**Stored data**

Start of Block

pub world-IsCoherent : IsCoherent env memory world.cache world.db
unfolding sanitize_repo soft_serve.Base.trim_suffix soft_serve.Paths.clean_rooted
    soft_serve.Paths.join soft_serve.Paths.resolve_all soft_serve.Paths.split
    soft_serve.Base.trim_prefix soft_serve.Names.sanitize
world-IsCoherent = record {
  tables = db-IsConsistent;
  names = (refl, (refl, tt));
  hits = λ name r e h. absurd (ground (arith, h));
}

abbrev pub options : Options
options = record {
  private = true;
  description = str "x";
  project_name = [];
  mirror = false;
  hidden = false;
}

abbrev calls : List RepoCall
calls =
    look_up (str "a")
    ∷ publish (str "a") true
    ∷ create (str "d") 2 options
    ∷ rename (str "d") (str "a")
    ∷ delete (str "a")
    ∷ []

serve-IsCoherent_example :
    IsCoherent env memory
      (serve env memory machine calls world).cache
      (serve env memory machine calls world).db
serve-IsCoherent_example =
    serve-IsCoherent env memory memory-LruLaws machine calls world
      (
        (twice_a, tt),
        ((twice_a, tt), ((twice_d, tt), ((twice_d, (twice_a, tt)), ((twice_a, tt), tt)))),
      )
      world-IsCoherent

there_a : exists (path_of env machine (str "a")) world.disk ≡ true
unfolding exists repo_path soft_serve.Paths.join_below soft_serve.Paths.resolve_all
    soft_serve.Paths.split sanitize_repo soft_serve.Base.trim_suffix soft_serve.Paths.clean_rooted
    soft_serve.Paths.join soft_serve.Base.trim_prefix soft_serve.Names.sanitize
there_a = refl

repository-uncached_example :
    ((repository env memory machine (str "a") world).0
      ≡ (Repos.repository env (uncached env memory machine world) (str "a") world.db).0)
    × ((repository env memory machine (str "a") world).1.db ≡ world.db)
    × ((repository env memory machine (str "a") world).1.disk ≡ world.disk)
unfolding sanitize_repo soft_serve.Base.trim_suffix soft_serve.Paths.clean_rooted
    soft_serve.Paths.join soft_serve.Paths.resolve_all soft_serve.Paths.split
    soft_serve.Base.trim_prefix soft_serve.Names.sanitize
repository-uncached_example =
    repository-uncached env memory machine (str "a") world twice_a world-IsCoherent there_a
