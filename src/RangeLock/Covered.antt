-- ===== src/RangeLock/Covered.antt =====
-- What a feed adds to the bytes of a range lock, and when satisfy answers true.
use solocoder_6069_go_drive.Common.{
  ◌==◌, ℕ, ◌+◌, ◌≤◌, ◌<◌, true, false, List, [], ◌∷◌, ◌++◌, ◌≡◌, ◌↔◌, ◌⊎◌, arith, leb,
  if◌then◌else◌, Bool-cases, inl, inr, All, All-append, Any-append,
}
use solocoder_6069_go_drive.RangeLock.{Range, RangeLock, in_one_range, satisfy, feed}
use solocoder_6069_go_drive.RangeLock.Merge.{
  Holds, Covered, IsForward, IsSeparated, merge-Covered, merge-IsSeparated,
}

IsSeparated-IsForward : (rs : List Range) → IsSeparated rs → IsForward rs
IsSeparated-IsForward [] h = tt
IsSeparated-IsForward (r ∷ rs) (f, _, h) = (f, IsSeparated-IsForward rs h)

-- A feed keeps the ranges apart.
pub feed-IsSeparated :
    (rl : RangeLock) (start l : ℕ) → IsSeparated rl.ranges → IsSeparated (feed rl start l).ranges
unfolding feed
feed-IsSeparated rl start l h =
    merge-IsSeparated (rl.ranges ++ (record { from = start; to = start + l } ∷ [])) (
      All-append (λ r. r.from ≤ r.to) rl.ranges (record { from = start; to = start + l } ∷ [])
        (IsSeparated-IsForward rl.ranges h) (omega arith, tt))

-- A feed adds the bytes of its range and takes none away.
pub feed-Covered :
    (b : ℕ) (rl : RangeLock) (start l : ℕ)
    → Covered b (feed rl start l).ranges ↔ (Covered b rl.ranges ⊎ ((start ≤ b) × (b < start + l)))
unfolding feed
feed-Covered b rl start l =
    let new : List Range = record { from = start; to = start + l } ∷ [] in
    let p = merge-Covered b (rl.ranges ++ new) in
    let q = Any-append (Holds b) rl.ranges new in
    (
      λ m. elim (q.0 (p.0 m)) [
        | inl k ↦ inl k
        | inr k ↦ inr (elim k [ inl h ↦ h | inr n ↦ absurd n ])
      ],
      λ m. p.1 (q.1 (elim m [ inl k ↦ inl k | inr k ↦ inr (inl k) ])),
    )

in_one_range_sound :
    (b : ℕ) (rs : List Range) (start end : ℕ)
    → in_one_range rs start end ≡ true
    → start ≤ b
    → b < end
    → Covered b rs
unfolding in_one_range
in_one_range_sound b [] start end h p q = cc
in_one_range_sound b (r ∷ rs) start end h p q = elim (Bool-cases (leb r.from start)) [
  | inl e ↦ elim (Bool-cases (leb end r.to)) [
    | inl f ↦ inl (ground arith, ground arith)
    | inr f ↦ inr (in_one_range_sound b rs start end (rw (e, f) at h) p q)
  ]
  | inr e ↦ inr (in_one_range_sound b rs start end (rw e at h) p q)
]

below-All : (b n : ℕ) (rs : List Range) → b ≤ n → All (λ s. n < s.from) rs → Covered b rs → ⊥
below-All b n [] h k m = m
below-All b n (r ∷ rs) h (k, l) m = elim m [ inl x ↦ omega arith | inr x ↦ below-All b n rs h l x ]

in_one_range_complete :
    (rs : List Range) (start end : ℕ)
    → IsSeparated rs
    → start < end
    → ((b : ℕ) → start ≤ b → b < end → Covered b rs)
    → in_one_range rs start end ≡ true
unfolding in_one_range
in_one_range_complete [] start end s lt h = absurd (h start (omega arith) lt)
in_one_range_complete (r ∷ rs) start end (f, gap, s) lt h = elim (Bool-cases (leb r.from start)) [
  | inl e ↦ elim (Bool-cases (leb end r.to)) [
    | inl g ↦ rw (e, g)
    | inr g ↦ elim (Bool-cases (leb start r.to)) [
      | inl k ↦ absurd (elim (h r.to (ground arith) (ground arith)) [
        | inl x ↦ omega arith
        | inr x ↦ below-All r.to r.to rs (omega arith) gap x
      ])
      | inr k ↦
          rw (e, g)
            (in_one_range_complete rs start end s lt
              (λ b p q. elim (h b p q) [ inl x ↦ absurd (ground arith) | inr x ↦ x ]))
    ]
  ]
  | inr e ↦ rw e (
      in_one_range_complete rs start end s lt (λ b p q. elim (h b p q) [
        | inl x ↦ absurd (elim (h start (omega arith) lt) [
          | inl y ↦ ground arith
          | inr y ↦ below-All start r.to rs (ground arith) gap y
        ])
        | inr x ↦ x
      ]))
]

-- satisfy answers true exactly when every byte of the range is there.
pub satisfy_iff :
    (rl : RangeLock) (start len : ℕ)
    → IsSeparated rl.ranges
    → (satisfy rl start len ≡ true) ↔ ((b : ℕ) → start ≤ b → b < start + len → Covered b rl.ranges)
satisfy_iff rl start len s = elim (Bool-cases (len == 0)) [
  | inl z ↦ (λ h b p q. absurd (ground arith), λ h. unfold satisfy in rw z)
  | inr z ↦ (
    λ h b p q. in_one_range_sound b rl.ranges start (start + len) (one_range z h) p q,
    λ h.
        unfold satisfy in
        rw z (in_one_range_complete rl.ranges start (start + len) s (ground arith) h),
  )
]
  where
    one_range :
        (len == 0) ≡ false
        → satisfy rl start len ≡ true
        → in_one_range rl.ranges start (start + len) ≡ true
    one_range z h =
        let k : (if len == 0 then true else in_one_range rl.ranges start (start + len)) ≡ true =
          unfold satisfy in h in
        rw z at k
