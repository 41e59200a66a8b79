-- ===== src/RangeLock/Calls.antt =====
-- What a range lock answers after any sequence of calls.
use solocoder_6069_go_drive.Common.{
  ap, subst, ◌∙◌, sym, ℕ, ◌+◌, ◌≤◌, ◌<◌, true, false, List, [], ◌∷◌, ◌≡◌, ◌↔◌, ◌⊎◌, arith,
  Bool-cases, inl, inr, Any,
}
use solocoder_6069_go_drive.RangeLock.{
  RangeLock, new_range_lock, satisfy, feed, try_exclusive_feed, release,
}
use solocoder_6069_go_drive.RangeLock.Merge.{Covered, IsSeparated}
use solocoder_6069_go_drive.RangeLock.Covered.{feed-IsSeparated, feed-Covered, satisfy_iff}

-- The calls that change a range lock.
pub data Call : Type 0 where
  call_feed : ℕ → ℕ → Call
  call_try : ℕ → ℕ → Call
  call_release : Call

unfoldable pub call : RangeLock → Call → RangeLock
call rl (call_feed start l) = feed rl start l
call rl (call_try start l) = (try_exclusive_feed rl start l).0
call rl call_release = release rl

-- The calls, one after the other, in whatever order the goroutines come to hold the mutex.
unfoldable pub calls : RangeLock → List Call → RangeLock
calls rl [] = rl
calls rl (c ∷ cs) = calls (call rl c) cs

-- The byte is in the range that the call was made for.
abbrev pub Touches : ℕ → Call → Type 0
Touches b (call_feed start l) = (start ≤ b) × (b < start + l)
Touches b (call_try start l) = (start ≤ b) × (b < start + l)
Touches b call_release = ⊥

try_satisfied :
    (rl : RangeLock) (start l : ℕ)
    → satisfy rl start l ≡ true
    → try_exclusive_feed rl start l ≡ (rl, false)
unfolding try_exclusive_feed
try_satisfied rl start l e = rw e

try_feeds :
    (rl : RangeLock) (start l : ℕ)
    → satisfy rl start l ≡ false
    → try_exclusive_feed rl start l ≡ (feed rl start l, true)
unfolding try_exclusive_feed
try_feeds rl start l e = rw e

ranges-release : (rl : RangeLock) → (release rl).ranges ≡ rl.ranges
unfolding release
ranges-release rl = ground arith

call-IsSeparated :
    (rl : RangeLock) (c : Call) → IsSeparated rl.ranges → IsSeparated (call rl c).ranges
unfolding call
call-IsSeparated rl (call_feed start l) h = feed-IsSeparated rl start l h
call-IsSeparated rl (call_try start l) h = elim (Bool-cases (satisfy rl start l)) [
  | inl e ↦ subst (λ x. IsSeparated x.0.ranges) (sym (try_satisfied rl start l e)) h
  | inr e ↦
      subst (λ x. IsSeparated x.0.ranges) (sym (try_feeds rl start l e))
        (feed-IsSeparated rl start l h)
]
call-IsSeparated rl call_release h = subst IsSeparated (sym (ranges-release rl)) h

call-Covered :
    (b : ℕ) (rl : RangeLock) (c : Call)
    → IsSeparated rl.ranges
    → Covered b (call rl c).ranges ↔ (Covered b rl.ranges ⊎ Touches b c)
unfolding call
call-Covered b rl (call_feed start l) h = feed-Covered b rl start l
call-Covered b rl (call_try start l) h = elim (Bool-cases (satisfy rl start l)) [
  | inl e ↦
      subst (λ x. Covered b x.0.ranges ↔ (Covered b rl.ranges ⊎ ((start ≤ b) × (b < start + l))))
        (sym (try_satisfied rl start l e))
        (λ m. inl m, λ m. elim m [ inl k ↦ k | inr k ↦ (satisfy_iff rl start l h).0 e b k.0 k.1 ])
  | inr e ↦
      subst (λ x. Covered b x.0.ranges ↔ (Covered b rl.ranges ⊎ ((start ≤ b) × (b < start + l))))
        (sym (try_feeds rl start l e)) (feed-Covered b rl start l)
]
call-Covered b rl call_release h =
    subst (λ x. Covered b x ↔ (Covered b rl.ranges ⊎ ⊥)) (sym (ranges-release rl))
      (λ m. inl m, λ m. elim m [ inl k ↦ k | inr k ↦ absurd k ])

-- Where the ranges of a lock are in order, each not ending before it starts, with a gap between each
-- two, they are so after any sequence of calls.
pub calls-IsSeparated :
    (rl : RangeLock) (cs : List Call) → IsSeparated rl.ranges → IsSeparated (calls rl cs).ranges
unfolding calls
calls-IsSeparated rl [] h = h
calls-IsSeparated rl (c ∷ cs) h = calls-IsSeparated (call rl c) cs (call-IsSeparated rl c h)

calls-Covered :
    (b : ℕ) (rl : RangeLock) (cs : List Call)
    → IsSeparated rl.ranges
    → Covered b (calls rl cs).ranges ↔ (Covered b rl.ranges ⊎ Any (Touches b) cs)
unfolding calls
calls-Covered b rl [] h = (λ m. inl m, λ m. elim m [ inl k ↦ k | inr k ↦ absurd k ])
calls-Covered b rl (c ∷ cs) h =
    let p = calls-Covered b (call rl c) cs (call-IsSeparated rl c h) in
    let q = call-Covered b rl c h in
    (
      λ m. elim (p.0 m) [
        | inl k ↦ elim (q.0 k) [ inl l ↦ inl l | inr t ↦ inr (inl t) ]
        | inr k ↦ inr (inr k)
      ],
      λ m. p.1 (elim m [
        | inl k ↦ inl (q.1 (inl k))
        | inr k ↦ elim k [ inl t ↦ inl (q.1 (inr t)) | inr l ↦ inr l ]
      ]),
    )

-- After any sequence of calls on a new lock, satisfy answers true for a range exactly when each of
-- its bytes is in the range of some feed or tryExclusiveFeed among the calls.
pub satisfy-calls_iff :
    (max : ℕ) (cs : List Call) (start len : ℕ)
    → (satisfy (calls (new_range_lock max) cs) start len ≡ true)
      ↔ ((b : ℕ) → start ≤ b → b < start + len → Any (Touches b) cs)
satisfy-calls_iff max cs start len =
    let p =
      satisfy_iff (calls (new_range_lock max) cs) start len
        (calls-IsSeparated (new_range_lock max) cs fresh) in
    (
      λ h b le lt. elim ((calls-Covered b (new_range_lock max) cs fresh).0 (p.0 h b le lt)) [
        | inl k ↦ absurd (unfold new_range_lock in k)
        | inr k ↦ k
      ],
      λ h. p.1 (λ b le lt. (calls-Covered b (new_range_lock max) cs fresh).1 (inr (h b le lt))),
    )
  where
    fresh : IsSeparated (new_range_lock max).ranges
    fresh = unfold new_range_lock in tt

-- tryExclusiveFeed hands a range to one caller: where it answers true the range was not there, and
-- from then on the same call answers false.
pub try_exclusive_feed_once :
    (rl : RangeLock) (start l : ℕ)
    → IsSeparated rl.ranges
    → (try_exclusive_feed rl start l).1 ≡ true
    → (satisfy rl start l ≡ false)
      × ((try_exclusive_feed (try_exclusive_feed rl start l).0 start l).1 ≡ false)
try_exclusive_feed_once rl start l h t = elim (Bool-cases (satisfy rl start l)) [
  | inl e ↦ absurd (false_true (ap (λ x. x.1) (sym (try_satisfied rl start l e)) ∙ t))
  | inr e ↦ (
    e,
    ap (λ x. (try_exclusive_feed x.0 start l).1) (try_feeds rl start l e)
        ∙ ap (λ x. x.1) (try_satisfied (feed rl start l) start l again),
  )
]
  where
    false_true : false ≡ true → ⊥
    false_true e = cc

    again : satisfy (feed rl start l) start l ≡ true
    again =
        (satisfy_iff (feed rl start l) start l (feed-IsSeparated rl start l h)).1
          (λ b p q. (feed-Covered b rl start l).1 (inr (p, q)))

End of Block

**Activity**
Which lines of the data contain the string "repository"? Copy each one.

**Completed task**
repository-uncached_example :
    ((repository env memory machine (str "a") world).0
      ≡ (Repos.repository env (uncached env memory machine world) (str "a") world.db).0)
    × ((repository env memory machine (str "a") world).1.db ≡ world.db)
    × ((repository env memory machine (str "a") world).1.disk ≡ world.disk)
repository-uncached_example =
    repository-uncached env memory machine (str "a") world twice_a world-IsCoherent there_a
repository 41e59200a66a8b79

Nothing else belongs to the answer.